> [DESCRIPTION OF THE TASK] Return all lines in the material below that contain "true".

> [PROVIDED DATA]

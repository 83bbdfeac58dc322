-- ===== src/Agent/Queue.antt =====
-- `AgentWorkerQueueService` of app/services/agent_runtime_service.py. A table is the list of its
-- rows, the oldest first.
pub mod Claim
pub mod Leases
use test_platform_backend.Prelude.{
  ℕ, zero, suc, ◌+◌, Bool, true, false, ◌&&◌, not, Option, none, some, List, [], ◌∷◌, ◌++◌, ◌==◌,
  ltb, leb, same_opt, is_some, if◌then◌else◌, find, select, take, update_where, length,
}
use test_platform_backend.Session.{
  ErrorCode, Result, ok, err, http, not_found, approval_required_before_execution,
  tool_call_uncertain_reconcile_required,
}
use test_platform_backend.Agent.Model.{
  AgentToolCall, AgentWorkerQueue, CallStatus, QueueStatus, EventType, Recovery,
}
use test_platform_backend.Agent.Events.{Journal, append_event}

-- The tables of queue items and of tool calls, and the runs with their events.
pub record Pool : Type 0 where
  pub items : List AgentWorkerQueue
  pub calls : List AgentToolCall
  pub journals : List Journal

abbrev pub is_queued : QueueStatus → Bool
is_queued QueueStatus.queued = true
is_queued _ = false

abbrev pub is_leased_item : QueueStatus → Bool
is_leased_item QueueStatus.leased = true
is_leased_item _ = false

abbrev pub is_leased_call : CallStatus → Bool
is_leased_call CallStatus.leased = true
is_leased_call _ = false

-- `status in {"uncertain", "reconciling"}`
abbrev pub needs_reconcile : CallStatus → Bool
needs_reconcile CallStatus.uncertain = true
needs_reconcile CallStatus.reconciling = true
needs_reconcile _ = false

-- `status == "queued" and available_at <= now`
abbrev pub is_claimable : ℕ → AgentWorkerQueue → Bool
is_claimable now i = is_queued i.status && leb i.available_at now

-- The earlier of two rows in the order by priority; ties go to the one created first.
abbrev pub earlier : AgentWorkerQueue → Option AgentWorkerQueue → Option AgentWorkerQueue
earlier i none = some i
earlier i (some j) = if ltb j.priority i.priority then some j else some i

-- `order_by(priority, created_at).limit(1)` over the claimable rows.
unfoldable pub next_item : ℕ → List AgentWorkerQueue → Option AgentWorkerQueue
next_item now [] = none
next_item now (i ∷ rest) =
    let later = next_item now rest in if is_claimable now i then earlier i later else later

unfoldable pub set_item : ℕ → (AgentWorkerQueue → AgentWorkerQueue) → Pool → Pool
set_item id f p = record p { items = update_where (λ i. i.queue_id == id) f p.items }

unfoldable pub set_call : ℕ → (AgentToolCall → AgentToolCall) → Pool → Pool
set_call id f p = record p { calls = update_where (λ c. c.tool_call_id == id) f p.calls }

-- An event of the run with this id, if there is one.
unfoldable pub log_to : ℕ → EventType → Option ℕ → Option ErrorCode → Pool → Pool
log_to run kind call code p = record p {
  journals =
      update_where (λ j. j.run.run_id == run) (λ j. append_event j kind call code) p.journals;
}

unfoldable pub find_call : ℕ → List AgentToolCall → Option AgentToolCall
find_call id = find (λ c. c.tool_call_id == id)

-- `enqueue_tool_call`
unfoldable pub enqueue_tool_call : AgentToolCall → ℕ → ℕ → ℕ → Pool → Pool
enqueue_tool_call c priority fresh now p = record p {
  items =
      p.items
      ++ record {
        queue_id = fresh;
        run_id = c.run_id;
        tool_call_id = c.tool_call_id;
        status = QueueStatus.queued;
        priority = priority;
        available_at = now;
        lease_owner = none;
        lease_expires_at = none;
        attempt_count = 0;
        last_error_code = none;
      }
        ∷ [];
}

abbrev pub lease_item : ℕ → ℕ → AgentWorkerQueue → AgentWorkerQueue
lease_item worker until i = record i {
  status = QueueStatus.leased;
  lease_owner = some worker;
  lease_expires_at = some until;
  attempt_count = i.attempt_count + 1;
}

abbrev pub lease_call : ℕ → ℕ → AgentToolCall → AgentToolCall
lease_call worker until c = record c {
  status = CallStatus.leased;
  lease_owner = some worker;
  lease_expires_at = some until;
}

abbrev pub lacks_approval : AgentToolCall → Bool
lacks_approval c = c.approval_required && not (is_some c.approved_approval_id)

unfoldable pub claim_blocked : AgentWorkerQueue → AgentToolCall → Pool → Pool
unfolding set_item set_call
claim_blocked i c p =
    set_call c.tool_call_id
      (λ c. record c {
        status = CallStatus.planned;
        recovery_decision = some Recovery.awaiting_approval;
      })
      (set_item i.queue_id
        (λ i. record i {
          status = QueueStatus.blocked_approval;
          last_error_code = some approval_required_before_execution;
        })
        p)

unfoldable pub claim_uncertain : AgentWorkerQueue → AgentToolCall → Pool → Pool
unfolding set_item set_call log_to
claim_uncertain i c p =
    log_to c.run_id EventType.tool_failed (some c.tool_call_id)
      (some tool_call_uncertain_reconcile_required)
      (set_call c.tool_call_id
        (λ c. record c {
          error_code = some tool_call_uncertain_reconcile_required;
          recovery_decision = some Recovery.reconcile_required_before_execution;
        })
        (set_item i.queue_id
          (λ i. record i {
            status = QueueStatus.failed;
            last_error_code = some tool_call_uncertain_reconcile_required;
          })
          p))

-- The item that the worker gets, if any, and the tables after the claim.
unfoldable pub claim_item :
    ℕ → ℕ → AgentWorkerQueue → Option AgentToolCall → Pool → Option AgentWorkerQueue × Pool
claim_item worker until i none p =
    (some (lease_item worker until i), set_item i.queue_id (lease_item worker until) p)
claim_item worker until i (some c) p =
    if lacks_approval c
    then (none, claim_blocked i c p)
    else if needs_reconcile c.status
    then (none, claim_uncertain i c p)
    else (
      some (lease_item worker until i),
      set_call c.tool_call_id (lease_call worker until)
          (set_item i.queue_id (lease_item worker until) p),
    )

abbrev pub claim_found : ℕ → ℕ → Option AgentWorkerQueue → Pool → Option AgentWorkerQueue × Pool
claim_found worker until none p = (none, p)
claim_found worker until (some i) p = claim_item worker until i (find_call i.tool_call_id p.calls) p

-- `claim_next`, at the time `now`.
unfoldable pub claim_next : ℕ → ℕ → ℕ → Pool → Option AgentWorkerQueue × Pool
claim_next worker lease_seconds now p =
    claim_found worker (now + lease_seconds) (next_item now p.items) p

-- The query of `heartbeat`.
unfoldable pub held_item : ℕ → ℕ → List AgentWorkerQueue → Option AgentWorkerQueue
held_item id worker = find (λ i. i.queue_id == id && same_opt i.lease_owner (some worker))

abbrev pub beat : ℕ → ℕ → Option AgentWorkerQueue → Pool → Result Pool
beat until now none p = err (http not_found none)
beat until now (some i) p = ok (
    set_call i.tool_call_id
      (λ c. record c { last_heartbeat_at = some now; lease_expires_at = some until })
      (set_item i.queue_id (λ i. record i { lease_expires_at = some until }) p))

-- `heartbeat`
unfoldable pub heartbeat : ℕ → ℕ → ℕ → ℕ → Pool → Result Pool
heartbeat id worker lease_seconds now p =
    beat (now + lease_seconds) now (held_item id worker p.items) p

-- `lease_expires_at is not None and lease_expires_at <= now`
abbrev pub lease_over : Option ℕ → ℕ → Bool
lease_over none now = false
lease_over (some t) now = leb t now

abbrev pub is_orphan : ℕ → AgentWorkerQueue → Bool
is_orphan now i = is_leased_item i.status && lease_over i.lease_expires_at now

abbrev pub expires_before : Option ℕ → Option ℕ → Bool
expires_before (some a) (some b) = ltb a b
expires_before _ _ = false

-- `order_by(lease_expires_at.asc())`, by insertion.
unfoldable pub insert_by_expiry : AgentWorkerQueue → List AgentWorkerQueue → List AgentWorkerQueue
insert_by_expiry i [] = i ∷ []
insert_by_expiry i (j ∷ js) =
    let rest = insert_by_expiry i js in
    if expires_before j.lease_expires_at i.lease_expires_at then j ∷ rest else i ∷ j ∷ js

unfoldable pub by_expiry : List AgentWorkerQueue → List AgentWorkerQueue
unfolding insert_by_expiry
by_expiry [] = []
by_expiry (i ∷ is) = insert_by_expiry i (by_expiry is)

abbrev pub release_item : AgentWorkerQueue → AgentWorkerQueue
release_item i = record i {
  status = QueueStatus.queued;
  lease_owner = none;
  lease_expires_at = none;
}

abbrev pub release_call : AgentToolCall → AgentToolCall
release_call c =
    if is_leased_call c.status
    then record c {
      status = CallStatus.planned;
      lease_owner = none;
      lease_expires_at = none;
      recovery_decision = some Recovery.lease_expired_requeued;
    }
    else c

unfoldable pub recover_all : List AgentWorkerQueue → Pool → Pool
recover_all [] p = p
recover_all (i ∷ is) p =
    recover_all is (set_call i.tool_call_id release_call (set_item i.queue_id release_item p))

-- `recover_orphans`: how many items were recovered, and the tables after it.
unfoldable pub recover_orphans : ℕ → ℕ → Pool → ℕ × Pool
recover_orphans now limit p =
    let orphans = take limit (by_expiry (select (is_orphan now) p.items)) in
    (length orphans, recover_all orphans p)

-- `mark_completed` and `mark_failed`
abbrev pub mark_completed : AgentWorkerQueue → AgentWorkerQueue
mark_completed i = record i { status = QueueStatus.completed }

abbrev pub mark_failed : ErrorCode → AgentWorkerQueue → AgentWorkerQueue
mark_failed code i = record i { status = QueueStatus.failed; last_error_code = some code }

> [TASK ANSWER]
  ℕ, zero, suc, ◌+◌, Bool, true, false, ◌&&◌, not, Option, none, some, List, [], ◌∷◌, ◌++◌, ◌==◌,
is_queued QueueStatus.queued = true
is_leased_item QueueStatus.leased = true
is_leased_call CallStatus.leased = true
needs_reconcile CallStatus.uncertain = true
needs_reconcile CallStatus.reconciling = true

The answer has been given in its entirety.